Esta partida refleja a la perfección el espíritu con el que Amador Rodríguez afrontó el Interzonal de Biel 1985: ideas arriesgadas, preparación profunda y la voluntad de llevar a su rival a territorios incómodos desde los primeros compases. La variante elegida contra Jansa era una de las más audaces de su repertorio, basada en sepultar el alfil rival en h4 y jugar durante un largo tramo con una pieza de más a cambio de un peón. Estratégicamente, la lucha giraba en torno al control de e5, pero la partida pronto derivó en un combate táctico de enorme complejidad.

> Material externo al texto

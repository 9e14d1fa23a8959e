-- ===== src/Socket/Sync/Answers.antt =====
-- What the synchronous operations make of the first reply that is no interrupt.
use async_berkeley.Base.{
  ◌≡◌, refl, ap, ◌∙◌, Bool, true, false, ◌&&◌, not, some, List, [], ◌∷◌, ◌++◌, ℤ, pos, int_eq,
  int_lt, leb, length, if◌then◌else◌, Bool-cases, inl, inr, All,
}
use async_berkeley.Socket.Handle.{invalid_socket, Store, from_native, construct, is_valid_socket}
use async_berkeley.Socket.Sync.{
  Span, subspan, Outcome, returned, throws, undefined, Accept, Reply, Accepted, accept_loop,
  make_pair, accept, message_loop, receive_message, send_message,
}

-- A store with one more handle.
unfoldable pub with_handle : ℤ → Store → Store
with_handle fd s = record s { handles = s.handles ++ record { socket = fd; error = pos 0 } ∷ [] }

-- What `accept` is to make of a reply that is no interrupt.
unfoldable pub accepted : ℤ → Span → Accept → Store → Outcome Accepted
accepted valid address r s =
    if not (int_eq r.sockfd invalid_socket) && not (int_eq valid (pos 0))
    then throws
    else if leb r.socklen address.size
    then returned (record {
      socket = length s.handles;
      store = with_handle r.sockfd s;
      address = record address { size = r.socklen };
    })
    else undefined

make_pair-accepted :
    (valid : ℤ) (address : Span) (r : Accept) (s : Store)
    → make_pair valid address s (some r) ≡ accepted valid address r s
unfolding make_pair accepted from_native construct with_handle is_valid_socket subspan
make_pair-accepted valid address r s = elim (Bool-cases (int_eq r.sockfd invalid_socket)) [
  | inl v ↦ elim (Bool-cases (leb r.socklen address.size)) [
    | inl l ↦ rw (make_pair, from_native, subspan, v, l) refl
    | inr l ↦ rw (make_pair, from_native, subspan, v, l) refl
  ]
  | inr v ↦ elim (Bool-cases (int_eq valid (pos 0))) [
    | inl ok ↦ elim (Bool-cases (leb r.socklen address.size)) [
      | inl l ↦ rw (make_pair, from_native, subspan, v, ok, l) refl
      | inr l ↦ rw (make_pair, from_native, subspan, v, ok, l) refl
    ]
    | inr bad ↦ rw (make_pair, from_native, subspan, v, bad) refl
  ]
]

module _ (eintr : ℤ) where
  abbrev pub is_interrupted : Accept → Bool
  is_interrupted r = int_eq r.sockfd invalid_socket && int_eq r.errno eintr

  abbrev pub is_failed_by_interrupt : Reply → Bool
  is_failed_by_interrupt r = int_lt r.ret (pos 0) && int_eq r.errno eintr

  pub accept_loop-first :
      (is : List Accept) (r : Accept) (rs : List Accept)
      → All (λ i. is_interrupted i ≡ true) is
      → is_interrupted r ≡ false
      → accept_loop eintr (is ++ r ∷ rs) ≡ some r
  unfolding accept_loop
  accept_loop-first [] r rs h e = rw e refl
  accept_loop-first (i ∷ is) r rs (h, hs) e = rw h (accept_loop-first is r rs hs e)

  -- Of any number of interrupts, and one reply that is none, `accept` takes the latter: it returns a
  -- handle of the descriptor, or an invalid one, together with the first `socklen` bytes of the address;
  -- it throws if getsockopt refuses the descriptor; and it is undefined if `socklen` exceeds the size of
  -- the address.
  pub accept-answer :
      (valid : ℤ) (address : Span) (is : List Accept) (r : Accept) (rs : List Accept) (s : Store)
      → All (λ i. is_interrupted i ≡ true) is
      → is_interrupted r ≡ false
      → accept eintr valid address (is ++ r ∷ rs) s ≡ accepted valid address r s
  unfolding accept
  accept-answer valid address is r rs s h e =
      ap (make_pair valid address s) (accept_loop-first is r rs h e)
      ∙ make_pair-accepted valid address r s

  message_loop-first :
      (is : List Reply) (r : Reply) (rs : List Reply)
      → All (λ i. is_failed_by_interrupt i ≡ true) is
      → is_failed_by_interrupt r ≡ false
      → message_loop eintr (is ++ r ∷ rs) ≡ some r
  unfolding message_loop
  message_loop-first [] r rs h e = rw e refl
  message_loop-first (i ∷ is) r rs (h, hs) e = rw h (message_loop-first is r rs hs e)

  -- Of any number of interrupts, and one reply that is none, sendmsg and recvmsg return what the latter
  -- returned, an error too, and recvmsg its flags.
  pub message-answer :
      (is : List Reply) (r : Reply) (rs : List Reply)
      → All (λ i. is_failed_by_interrupt i ≡ true) is
      → is_failed_by_interrupt r ≡ false
      → (send_message eintr (is ++ r ∷ rs) ≡ returned r.ret)
        × (receive_message eintr (is ++ r ∷ rs)
            ≡ returned (record { len = r.ret; flags = r.msg_flags }))
  unfolding send_message receive_message
  message-answer is r rs h e =
      let loop = message_loop-first is r rs h e in
      (rw (loop, send_message) refl, rw (loop, receive_message) refl)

Jansa consumió mucho tiempo tratando de orientarse en una posición que conocía peor que Amador Rodríguez, y aun así encontró recursos notables, especialmente el sacrificio 28.Txf7!, que reavivó la lucha cuando las blancas habían alcanzado su mejor posición. A partir de ahí, ambos jugadores empezaron a jugar con muy poco tiempo, y la partida se convirtió en una sucesión de golpes tácticos, amenazas de mate y decisiones tomadas al límite.
El momento crítico llegó con 31.De6??, una jugada que parecía fuerte pero que en realidad perdía por completo. La respuesta 31...d4?? de Amador Rodríguez fue aún peor, un error que habría decidido la partida en su contra si Jansa hubiera encontrado 32.Dxc4. Sin embargo, también pasó por alto la refutación y, tras 32.De8+??, la balanza volvió a inclinarse del lado blanco. La secuencia final con ...Tf2!, ...Re8 y el avance del peón “e” selló una victoria tan caótica como inolvidable.
Una partida vibrante, llena de ideas creativas, errores compartidos y decisiones extremas, donde la preparación previa y la resistencia psicológica terminaron siendo tan importantes como el cálculo puro.